#### EXTRACTED RECORDS:
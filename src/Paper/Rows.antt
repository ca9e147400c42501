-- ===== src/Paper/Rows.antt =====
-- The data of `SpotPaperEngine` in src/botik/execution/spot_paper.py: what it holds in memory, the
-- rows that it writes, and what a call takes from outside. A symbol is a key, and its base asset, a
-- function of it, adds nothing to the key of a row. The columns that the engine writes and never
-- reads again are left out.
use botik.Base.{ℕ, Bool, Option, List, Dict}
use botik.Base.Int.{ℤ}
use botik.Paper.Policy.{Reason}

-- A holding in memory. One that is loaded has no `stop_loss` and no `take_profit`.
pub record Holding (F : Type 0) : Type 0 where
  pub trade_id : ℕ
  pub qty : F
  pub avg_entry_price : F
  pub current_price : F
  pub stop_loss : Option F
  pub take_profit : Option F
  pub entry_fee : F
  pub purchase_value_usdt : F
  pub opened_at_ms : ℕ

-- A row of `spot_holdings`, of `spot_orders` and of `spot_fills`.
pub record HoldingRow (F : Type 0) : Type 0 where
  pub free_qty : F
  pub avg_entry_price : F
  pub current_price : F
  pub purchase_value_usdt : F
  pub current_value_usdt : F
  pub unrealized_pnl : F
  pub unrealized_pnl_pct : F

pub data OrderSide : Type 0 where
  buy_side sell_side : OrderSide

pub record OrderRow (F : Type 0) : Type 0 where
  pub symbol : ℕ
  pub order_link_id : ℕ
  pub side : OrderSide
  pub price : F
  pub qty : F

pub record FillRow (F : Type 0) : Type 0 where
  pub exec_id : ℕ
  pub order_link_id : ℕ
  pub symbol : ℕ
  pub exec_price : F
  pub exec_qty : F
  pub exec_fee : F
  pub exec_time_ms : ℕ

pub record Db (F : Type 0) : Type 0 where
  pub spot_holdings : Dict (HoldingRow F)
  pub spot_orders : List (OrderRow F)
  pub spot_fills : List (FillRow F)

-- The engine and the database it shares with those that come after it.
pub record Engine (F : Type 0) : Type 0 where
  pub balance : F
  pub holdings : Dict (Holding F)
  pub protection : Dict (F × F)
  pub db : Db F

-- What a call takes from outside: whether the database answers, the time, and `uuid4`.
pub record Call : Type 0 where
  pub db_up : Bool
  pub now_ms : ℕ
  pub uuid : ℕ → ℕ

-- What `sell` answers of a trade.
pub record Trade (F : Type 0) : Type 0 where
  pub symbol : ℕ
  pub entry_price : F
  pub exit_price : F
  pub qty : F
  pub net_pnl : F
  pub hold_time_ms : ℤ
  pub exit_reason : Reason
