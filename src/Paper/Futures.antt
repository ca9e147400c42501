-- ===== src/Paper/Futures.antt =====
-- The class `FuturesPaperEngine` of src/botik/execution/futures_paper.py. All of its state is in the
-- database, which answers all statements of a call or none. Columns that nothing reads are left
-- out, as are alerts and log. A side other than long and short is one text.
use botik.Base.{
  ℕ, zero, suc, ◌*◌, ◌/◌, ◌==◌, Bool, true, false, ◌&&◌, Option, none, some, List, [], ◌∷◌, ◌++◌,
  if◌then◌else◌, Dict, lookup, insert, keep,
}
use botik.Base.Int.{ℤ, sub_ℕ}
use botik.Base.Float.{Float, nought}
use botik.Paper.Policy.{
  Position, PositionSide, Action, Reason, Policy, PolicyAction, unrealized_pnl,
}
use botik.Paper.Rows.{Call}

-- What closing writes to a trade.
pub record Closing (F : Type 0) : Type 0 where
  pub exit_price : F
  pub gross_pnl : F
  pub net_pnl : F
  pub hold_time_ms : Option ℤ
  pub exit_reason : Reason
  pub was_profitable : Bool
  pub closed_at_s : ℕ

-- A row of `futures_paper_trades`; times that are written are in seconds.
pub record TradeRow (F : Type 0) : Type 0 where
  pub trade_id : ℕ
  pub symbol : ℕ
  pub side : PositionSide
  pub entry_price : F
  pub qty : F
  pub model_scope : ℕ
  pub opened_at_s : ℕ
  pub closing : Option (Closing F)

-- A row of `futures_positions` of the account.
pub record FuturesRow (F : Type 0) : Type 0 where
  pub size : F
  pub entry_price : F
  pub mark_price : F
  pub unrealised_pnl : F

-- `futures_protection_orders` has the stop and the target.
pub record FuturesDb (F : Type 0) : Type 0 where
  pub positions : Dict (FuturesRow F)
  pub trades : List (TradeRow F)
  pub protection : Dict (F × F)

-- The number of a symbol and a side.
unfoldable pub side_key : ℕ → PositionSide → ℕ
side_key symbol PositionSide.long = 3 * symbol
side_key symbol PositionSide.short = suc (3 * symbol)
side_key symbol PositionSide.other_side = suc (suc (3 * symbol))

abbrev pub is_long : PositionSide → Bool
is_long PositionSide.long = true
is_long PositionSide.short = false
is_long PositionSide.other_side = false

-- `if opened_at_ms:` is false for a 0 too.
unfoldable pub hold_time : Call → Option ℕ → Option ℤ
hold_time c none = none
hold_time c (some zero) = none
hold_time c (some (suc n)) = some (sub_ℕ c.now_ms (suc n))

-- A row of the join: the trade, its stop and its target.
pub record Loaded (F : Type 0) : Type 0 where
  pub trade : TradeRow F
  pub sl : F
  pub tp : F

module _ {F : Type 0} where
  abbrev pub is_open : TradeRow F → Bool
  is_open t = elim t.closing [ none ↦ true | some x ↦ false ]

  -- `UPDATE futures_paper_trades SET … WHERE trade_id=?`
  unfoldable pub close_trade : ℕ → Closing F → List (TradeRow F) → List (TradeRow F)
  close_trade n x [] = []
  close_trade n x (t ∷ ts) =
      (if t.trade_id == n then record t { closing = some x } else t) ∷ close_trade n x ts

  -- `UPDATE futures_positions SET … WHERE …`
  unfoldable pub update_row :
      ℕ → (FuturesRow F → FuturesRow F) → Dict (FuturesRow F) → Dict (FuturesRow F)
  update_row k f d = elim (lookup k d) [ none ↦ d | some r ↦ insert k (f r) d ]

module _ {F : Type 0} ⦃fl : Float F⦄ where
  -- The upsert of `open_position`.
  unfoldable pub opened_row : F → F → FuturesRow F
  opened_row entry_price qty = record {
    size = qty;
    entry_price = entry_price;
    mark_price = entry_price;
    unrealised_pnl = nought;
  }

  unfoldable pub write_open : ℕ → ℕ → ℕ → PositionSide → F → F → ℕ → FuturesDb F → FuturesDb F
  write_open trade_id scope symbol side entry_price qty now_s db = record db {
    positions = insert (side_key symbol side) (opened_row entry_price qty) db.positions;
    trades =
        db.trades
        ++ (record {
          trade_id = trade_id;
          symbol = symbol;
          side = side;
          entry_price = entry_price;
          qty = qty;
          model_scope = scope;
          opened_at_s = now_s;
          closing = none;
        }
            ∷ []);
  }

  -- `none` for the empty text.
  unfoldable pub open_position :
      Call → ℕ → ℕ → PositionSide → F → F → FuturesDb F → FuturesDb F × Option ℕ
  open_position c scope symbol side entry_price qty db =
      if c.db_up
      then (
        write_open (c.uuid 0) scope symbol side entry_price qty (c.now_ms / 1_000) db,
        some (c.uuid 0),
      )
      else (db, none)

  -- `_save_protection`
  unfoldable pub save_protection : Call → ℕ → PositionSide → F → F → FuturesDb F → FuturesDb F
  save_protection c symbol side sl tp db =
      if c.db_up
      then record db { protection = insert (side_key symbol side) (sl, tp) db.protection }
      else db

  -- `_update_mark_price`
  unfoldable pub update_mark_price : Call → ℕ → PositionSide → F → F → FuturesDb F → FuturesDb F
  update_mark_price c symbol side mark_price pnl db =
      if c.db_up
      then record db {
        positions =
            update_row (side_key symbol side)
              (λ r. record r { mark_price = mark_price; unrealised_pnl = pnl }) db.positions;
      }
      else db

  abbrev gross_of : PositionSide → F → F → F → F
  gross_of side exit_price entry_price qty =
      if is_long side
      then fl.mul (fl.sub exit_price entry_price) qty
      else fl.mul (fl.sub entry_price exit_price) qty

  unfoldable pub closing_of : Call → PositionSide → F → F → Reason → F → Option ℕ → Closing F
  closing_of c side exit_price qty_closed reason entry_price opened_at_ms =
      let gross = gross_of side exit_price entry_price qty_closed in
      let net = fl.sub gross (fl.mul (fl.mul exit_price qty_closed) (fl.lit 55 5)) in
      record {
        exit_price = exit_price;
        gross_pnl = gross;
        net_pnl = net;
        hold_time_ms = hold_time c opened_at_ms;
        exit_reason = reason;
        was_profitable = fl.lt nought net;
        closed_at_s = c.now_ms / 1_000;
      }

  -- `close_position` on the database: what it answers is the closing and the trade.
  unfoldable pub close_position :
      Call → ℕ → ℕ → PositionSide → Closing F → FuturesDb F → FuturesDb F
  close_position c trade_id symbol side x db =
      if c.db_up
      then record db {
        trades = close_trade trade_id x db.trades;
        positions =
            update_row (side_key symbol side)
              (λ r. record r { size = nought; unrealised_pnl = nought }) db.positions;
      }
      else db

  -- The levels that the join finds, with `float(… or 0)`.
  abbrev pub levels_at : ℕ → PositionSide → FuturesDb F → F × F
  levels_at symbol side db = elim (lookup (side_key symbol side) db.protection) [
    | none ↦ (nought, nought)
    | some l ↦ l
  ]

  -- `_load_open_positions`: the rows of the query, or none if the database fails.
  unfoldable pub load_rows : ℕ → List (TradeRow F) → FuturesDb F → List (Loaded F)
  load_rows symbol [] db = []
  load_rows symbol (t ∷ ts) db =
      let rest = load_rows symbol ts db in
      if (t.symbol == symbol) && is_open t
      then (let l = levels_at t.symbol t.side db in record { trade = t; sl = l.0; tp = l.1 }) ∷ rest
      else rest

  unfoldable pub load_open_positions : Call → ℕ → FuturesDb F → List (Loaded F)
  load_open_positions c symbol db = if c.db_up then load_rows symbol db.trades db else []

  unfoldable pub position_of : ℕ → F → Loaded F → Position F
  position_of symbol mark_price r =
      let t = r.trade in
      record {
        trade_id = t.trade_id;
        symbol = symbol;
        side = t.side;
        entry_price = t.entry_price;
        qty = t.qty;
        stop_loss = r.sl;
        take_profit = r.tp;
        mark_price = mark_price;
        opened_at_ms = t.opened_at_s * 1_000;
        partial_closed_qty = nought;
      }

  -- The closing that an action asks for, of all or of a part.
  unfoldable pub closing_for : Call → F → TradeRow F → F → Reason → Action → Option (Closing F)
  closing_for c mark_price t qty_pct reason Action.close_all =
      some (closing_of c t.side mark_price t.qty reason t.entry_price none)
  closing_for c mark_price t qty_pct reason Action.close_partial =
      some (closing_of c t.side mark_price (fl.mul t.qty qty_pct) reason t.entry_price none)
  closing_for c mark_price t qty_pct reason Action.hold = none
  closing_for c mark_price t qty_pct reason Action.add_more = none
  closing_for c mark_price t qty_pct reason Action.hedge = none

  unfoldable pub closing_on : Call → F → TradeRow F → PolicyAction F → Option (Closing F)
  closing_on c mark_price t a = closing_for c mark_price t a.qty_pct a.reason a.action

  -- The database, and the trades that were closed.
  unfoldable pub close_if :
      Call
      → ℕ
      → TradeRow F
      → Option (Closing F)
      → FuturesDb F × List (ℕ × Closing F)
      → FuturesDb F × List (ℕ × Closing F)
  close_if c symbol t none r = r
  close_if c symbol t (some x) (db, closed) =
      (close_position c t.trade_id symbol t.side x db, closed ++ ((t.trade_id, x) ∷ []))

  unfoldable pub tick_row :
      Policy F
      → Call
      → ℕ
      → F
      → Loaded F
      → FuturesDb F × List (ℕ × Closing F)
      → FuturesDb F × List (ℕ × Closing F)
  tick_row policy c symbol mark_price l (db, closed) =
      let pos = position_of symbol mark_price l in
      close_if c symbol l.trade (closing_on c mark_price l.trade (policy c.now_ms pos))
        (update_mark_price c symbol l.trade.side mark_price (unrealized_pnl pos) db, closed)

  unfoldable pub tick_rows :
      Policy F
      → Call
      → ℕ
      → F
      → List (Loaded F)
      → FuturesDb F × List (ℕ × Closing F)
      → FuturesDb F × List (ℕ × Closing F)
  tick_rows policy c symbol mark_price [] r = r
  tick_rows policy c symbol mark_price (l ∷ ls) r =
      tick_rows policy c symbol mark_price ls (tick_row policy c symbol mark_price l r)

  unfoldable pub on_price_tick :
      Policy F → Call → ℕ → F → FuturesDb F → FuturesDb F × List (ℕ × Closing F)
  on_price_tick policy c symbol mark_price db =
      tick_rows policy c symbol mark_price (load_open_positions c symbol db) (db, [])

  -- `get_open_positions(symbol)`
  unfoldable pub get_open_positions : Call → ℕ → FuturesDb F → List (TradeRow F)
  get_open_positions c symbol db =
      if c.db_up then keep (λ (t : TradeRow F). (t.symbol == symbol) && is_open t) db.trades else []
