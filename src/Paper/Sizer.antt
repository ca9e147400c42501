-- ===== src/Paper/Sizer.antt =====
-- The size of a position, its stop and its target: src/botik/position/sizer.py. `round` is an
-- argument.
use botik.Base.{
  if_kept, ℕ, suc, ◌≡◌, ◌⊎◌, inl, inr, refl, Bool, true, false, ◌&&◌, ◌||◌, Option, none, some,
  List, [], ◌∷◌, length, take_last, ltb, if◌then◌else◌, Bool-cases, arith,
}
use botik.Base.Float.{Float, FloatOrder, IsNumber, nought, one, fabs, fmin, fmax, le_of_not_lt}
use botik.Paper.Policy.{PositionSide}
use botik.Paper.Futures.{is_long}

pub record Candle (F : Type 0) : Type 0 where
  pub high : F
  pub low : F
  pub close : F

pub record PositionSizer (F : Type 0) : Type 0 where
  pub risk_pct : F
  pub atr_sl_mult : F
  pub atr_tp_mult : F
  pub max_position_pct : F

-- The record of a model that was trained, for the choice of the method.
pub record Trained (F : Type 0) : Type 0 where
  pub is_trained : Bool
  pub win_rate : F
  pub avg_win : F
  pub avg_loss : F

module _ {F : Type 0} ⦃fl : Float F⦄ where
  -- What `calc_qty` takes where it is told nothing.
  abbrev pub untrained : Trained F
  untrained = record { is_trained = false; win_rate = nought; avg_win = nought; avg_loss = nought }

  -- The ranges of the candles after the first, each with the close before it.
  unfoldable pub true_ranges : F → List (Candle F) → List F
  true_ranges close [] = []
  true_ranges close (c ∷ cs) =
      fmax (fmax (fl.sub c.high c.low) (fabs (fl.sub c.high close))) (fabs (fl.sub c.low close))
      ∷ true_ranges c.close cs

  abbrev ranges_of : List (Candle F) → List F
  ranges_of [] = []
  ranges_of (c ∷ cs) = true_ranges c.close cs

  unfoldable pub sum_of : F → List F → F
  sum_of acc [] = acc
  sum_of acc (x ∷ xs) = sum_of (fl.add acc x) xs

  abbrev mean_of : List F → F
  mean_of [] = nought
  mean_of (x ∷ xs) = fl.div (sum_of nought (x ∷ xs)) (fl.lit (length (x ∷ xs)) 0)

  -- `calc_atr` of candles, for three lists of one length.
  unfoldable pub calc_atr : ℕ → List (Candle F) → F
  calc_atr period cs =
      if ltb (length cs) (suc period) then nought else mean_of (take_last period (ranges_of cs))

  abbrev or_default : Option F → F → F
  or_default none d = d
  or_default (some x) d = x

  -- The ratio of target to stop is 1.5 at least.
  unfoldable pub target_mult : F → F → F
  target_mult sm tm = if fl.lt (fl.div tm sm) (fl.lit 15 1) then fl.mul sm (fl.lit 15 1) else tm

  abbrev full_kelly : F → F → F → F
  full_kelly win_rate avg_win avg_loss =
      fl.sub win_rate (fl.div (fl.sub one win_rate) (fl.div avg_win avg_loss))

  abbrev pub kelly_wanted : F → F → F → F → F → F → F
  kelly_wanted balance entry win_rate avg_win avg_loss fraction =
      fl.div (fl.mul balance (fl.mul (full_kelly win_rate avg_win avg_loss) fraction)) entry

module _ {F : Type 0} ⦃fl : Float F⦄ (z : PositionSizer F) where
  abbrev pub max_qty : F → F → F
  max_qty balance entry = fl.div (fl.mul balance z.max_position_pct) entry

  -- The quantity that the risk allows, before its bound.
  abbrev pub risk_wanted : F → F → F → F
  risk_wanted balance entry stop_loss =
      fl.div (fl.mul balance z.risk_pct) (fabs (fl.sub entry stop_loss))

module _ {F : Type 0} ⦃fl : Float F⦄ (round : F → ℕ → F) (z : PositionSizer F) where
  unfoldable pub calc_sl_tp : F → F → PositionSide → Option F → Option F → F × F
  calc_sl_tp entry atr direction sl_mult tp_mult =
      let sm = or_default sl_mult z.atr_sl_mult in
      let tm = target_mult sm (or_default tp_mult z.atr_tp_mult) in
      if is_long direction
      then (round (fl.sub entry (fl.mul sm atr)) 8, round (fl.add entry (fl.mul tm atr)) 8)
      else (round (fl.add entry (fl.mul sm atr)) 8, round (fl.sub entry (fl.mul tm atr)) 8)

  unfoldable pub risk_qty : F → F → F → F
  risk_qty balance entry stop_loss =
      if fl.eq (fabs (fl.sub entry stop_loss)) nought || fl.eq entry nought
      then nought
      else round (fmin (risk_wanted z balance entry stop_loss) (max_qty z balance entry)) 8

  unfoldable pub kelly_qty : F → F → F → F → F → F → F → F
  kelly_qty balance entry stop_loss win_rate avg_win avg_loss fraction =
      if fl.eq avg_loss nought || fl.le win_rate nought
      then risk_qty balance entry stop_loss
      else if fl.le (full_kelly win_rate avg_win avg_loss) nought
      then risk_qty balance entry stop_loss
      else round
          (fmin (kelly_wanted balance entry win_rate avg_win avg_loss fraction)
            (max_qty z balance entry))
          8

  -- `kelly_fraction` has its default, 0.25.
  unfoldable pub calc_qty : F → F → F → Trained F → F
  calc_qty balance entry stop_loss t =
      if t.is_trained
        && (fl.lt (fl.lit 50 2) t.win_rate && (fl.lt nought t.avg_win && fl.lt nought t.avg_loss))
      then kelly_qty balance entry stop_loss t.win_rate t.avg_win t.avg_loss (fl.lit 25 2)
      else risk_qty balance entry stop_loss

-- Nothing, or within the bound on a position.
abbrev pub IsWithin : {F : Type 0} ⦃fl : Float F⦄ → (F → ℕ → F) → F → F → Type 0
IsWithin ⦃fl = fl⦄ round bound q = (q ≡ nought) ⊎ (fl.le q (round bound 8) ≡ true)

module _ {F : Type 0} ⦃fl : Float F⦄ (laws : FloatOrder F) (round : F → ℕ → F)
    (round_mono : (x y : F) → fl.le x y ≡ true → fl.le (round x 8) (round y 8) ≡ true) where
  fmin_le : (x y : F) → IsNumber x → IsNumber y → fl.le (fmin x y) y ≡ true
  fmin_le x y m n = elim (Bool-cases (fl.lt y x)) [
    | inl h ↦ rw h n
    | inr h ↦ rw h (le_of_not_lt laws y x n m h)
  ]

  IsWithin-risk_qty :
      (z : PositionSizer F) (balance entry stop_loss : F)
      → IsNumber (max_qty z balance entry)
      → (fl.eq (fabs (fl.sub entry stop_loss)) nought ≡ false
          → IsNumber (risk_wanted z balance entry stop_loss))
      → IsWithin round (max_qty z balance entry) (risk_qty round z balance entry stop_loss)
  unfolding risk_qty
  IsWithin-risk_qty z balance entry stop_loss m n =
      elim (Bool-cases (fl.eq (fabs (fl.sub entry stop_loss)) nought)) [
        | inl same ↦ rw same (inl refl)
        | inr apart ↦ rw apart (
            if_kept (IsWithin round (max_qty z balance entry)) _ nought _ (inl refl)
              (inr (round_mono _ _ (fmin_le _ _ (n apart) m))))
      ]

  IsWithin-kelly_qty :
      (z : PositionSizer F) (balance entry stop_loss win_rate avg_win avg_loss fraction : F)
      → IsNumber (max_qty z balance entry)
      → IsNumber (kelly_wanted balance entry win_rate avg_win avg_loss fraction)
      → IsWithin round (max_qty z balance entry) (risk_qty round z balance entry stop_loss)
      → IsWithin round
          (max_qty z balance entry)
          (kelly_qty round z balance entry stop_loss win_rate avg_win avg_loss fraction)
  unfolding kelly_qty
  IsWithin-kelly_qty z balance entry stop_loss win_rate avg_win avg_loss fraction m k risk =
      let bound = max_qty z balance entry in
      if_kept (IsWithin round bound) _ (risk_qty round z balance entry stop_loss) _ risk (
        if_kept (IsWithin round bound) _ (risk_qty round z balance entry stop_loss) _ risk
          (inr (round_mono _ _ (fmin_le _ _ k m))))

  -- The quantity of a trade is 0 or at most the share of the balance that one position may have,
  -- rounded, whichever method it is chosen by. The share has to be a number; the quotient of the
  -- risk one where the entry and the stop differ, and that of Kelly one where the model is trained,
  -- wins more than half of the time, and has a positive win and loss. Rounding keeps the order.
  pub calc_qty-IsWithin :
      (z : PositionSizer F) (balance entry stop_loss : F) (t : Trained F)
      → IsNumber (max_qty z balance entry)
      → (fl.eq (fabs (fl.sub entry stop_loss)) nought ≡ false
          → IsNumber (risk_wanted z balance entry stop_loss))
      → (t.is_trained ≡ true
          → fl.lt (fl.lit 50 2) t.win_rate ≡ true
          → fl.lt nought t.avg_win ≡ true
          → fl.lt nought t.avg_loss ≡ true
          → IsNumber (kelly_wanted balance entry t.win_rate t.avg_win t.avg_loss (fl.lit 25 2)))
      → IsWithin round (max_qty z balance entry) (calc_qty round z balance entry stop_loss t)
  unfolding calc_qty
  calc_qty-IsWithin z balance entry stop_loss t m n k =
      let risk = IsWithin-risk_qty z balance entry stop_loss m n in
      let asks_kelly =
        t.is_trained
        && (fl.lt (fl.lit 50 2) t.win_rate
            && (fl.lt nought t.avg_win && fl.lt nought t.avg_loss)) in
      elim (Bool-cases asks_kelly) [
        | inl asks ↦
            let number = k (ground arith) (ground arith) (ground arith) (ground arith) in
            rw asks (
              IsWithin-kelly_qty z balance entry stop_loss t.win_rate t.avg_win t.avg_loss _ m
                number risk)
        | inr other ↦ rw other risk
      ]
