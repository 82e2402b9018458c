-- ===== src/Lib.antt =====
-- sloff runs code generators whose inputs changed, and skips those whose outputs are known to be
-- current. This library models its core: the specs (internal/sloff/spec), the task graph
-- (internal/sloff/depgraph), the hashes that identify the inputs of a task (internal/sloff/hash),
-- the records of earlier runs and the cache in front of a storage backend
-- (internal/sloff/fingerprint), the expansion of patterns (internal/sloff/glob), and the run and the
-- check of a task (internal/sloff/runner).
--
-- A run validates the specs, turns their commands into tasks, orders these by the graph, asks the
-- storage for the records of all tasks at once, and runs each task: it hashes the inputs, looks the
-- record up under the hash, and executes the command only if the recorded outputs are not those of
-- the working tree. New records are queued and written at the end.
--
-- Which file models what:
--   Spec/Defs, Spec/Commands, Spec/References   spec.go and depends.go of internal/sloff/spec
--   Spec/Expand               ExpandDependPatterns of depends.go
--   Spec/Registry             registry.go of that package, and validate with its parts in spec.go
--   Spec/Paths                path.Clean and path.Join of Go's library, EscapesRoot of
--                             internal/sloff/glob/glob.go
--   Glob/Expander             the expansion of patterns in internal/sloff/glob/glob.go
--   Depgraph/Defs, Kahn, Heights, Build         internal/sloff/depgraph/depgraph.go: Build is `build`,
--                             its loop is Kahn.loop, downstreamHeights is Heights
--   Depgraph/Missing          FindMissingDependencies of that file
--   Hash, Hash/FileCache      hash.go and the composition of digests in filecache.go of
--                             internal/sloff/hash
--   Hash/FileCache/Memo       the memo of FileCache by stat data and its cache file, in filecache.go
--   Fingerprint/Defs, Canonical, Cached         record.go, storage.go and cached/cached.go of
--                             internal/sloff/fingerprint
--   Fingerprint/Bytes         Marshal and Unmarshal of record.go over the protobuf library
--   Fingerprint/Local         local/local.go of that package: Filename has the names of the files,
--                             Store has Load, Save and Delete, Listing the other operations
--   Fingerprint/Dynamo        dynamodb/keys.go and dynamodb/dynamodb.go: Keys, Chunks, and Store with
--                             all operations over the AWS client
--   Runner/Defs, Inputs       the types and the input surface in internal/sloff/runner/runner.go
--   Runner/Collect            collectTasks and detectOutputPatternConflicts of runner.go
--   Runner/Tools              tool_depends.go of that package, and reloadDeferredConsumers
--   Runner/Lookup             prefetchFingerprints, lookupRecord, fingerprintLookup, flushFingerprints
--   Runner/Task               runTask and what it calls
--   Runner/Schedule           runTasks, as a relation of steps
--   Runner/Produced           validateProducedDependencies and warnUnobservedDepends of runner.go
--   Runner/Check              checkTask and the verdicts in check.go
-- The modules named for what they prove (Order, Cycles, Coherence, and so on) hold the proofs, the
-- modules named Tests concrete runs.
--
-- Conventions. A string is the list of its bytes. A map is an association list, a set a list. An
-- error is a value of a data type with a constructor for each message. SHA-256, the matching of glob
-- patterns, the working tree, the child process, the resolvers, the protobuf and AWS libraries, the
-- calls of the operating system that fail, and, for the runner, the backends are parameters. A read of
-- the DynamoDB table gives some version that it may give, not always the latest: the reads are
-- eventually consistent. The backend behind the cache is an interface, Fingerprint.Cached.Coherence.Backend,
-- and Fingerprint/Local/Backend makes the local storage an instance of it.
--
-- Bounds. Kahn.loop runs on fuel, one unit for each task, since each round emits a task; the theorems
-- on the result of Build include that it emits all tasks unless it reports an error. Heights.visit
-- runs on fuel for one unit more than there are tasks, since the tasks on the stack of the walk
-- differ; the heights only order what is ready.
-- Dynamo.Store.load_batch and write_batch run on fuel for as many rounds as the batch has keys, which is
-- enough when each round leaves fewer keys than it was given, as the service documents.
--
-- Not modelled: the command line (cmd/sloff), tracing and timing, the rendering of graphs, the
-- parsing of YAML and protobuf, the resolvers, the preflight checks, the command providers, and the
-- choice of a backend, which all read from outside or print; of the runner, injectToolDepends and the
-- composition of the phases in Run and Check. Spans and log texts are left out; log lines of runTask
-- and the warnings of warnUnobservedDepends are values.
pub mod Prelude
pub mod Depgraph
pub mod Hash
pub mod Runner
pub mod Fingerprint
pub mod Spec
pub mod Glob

#### TASK INSTRUCTIONS:
The lines in the entries above that carry the word "modules" must be copied.

#### OUTPUT FOR THIS TASK:
-- The modules named for what they prove (Order, Cycles, Coherence, and so on) hold the proofs, the
-- modules named Tests concrete runs.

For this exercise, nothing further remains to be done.